According to Stevens, his vote to reinstate the death penalty was based on his belief that the states "had narrowed the category of death-eligible offenses and would enforce procedures that would minimize the risk of error and the risk that the race of the defendant or the race of the victim would play a role in the sentencing decision."

But after three decades of watching his increasingly conservative colleagues approve laws that abrogated his hope for a fairer process, he has come to see the death penalty as "pointless and needless."

Stevens made clear to HuffPost that he does not hold out much hope for the Court to see it his way anytime soon. On the Court's denial of a stay of execution for Troy Davis last week, Stevens "can't say that the Court misapplied the law in any way." But the case still unsettles him. "It's an example of cases in which there's some -- perhaps remote -- possibility of error, and whenever there's error in a death case, you cannot be very happy about that particular penalty."

While his death penalty views changed over time, Stevens writes in "Five Chiefs" that his "extreme distaste for debates about campaign financing" -- born of reading his new colleagues' wrangling in the seminal 1976 case Buckley v. Valeo -- "never abated."

Because he arrived on the Court after the justices had already heard oral arguments in the Buckley case, he did not participate in his colleagues' deliberations. But he nevertheless felt obligated to keep up with the "seemingly endless parade of writings that my new colleagues circulated."

The end result, Stevens reminds us, was 294 pages of fractured opinions that, in his view, arbitrarily distinguished between contributions and expenditures, upholding federal limits on the former and striking down caps on the latter. Even under the majority's holding that spending money in elections is a form of political speech protected by the First Amendment, Stevens finds "nothing even arguably unfair about evenhanded rules that limit the amount of speech that can be voiced in certain times or places or by certain means."
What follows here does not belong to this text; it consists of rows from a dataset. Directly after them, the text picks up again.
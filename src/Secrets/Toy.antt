-- ===== src/Secrets/Toy.antt =====
-- A cipher that meets what the store relies on, for runs of the store: it binds the key, the nonce
-- and the associated data, and hides nothing.
use back_orbit.Base.{
  ℕ, zero, suc, ◌≡◌, ◌≢◌, refl, ap, Option, none, some, [], ◌∷◌, arith, Bytes, length,
  if◌then◌else◌, ◌==◌, nat_eq, nat_beq_iff,
}
use back_orbit.Crypto.{Primitives}
use back_orbit.Crypto.Laws.{BindsAssociated}

unfoldable pub bind : Bytes → Bytes → Bytes
bind [] p = 0 ∷ p
bind (x ∷ a) p = suc x ∷ bind a p

unfoldable pub unbind : Bytes → Bytes → Option Bytes
unbind [] (zero ∷ p) = some p
unbind (x ∷ a) (suc y ∷ c) = if x == y then unbind a c else none
unbind _ _ = none

unbind-bind : (a p : Bytes) → unbind a (bind a p) ≡ some p
unfolding bind unbind
unbind-bind [] p = refl
unbind-bind (x ∷ a) p = ground (arith, unbind-bind a p)

unbind-bind_other : (a b p : Bytes) → a ≢ b → unbind b (bind a p) ≡ none
unfolding bind unbind
unbind-bind_other [] [] p ne = absurd (ne refl)
unbind-bind_other [] (y ∷ b) p ne = refl
unbind-bind_other (x ∷ a) [] p ne = refl
unbind-bind_other (x ∷ a) (y ∷ b) p ne = ground (arith, nat_beq_iff y x, unbind-bind_other a b p)

-- Exactly n bytes: cut off, or filled up with zeros.
unfoldable pub fit : ℕ → Bytes → Bytes
fit zero s = []
fit (suc n) [] = 0 ∷ fit n []
fit (suc n) (x ∷ s) = x ∷ fit n s

pub fit-length : (n : ℕ) (s : Bytes) → length (fit n s) ≡ n
unfolding fit
fit-length zero s = refl
fit-length (suc n) [] = ap suc (fit-length n [])
fit-length (suc n) (x ∷ s) = ap suc (fit-length n s)

unfoldable pub then_unbind : Bytes → Option Bytes → Option Bytes
then_unbind a none = none
then_unbind a (some c) = unbind a c

pub toy_seal : Bytes → Bytes → Bytes → Bytes → Bytes
toy_seal key nonce plaintext associated = bind key (bind nonce (bind associated plaintext))

pub toy_open : Bytes → Bytes → Bytes → Bytes → Option Bytes
toy_open key nonce ciphertext associated =
    then_unbind associated (then_unbind nonce (unbind key ciphertext))

pub toy_open-seal :
    (key nonce plaintext associated : Bytes)
    → toy_open key nonce (toy_seal key nonce plaintext associated) associated ≡ some plaintext
unfolding toy_open toy_seal then_unbind
toy_open-seal key nonce plaintext associated = simp unbind-bind

unfoldable pub toy : Primitives
unfolding toy_seal toy_open bind unbind fit then_unbind
toy = record {
  id_key = λ passphrase salt t m p. fit 32 passphrase;
  aead_seal = toy_seal;
  aead_open = toy_open;
  id_key_length = λ passphrase salt t m p. fit-length 32 passphrase;
  aead_open_seal =
      λ key nonce plaintext associated hk hn. toy_open-seal key nonce plaintext associated;
}

pub toy-BindsAssociated : BindsAssociated toy
unfolding toy_open toy_seal then_unbind toy
toy-BindsAssociated key nonce plaintext associated other ne =
    simp (unbind-bind, unbind-bind_other associated other plaintext ne)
Stevens notes in his book the prescience of Justice Byron White's prediction in his Buckley dissent that without limits on total expenditures, "campaign costs will inevitably and endlessly escalate."

A generation later, when the Court in Citizens United v. Federal Election Commission held that any limits whatsoever on independent expenditures violated the First Amendment, it was Stevens' turn to deliver a jeremiad. For 20 minutes he spoke in open Court, railing against the five-member majority's overturning of the Court's decision just seven years earlier to uphold the same federal laws it now declared unconstitutional.

Along the way, he tripped over a couple of words, sparking some speculation about his fitness to remain on the bench. It turns out he, too, was alarmed -- Stevens decided soon afterward to retire at the end of that term.

Yet given his career-long struggle with the Court's campaign finance precedents, it makes sense that Stevens stumbled over a couple of words as he spewed out 34 years worth of distaste. In his chambers Monday, he was not surprised by the news of the rise of super PACs committed to spending hundreds of millions of dollars in the 2012 election cycle.

Assuming Justice White's role as prophet of the obvious, Stevens cited his swan song: "There's nothing about what has happened that is inconsistent with what I suggest in my dissent might happen."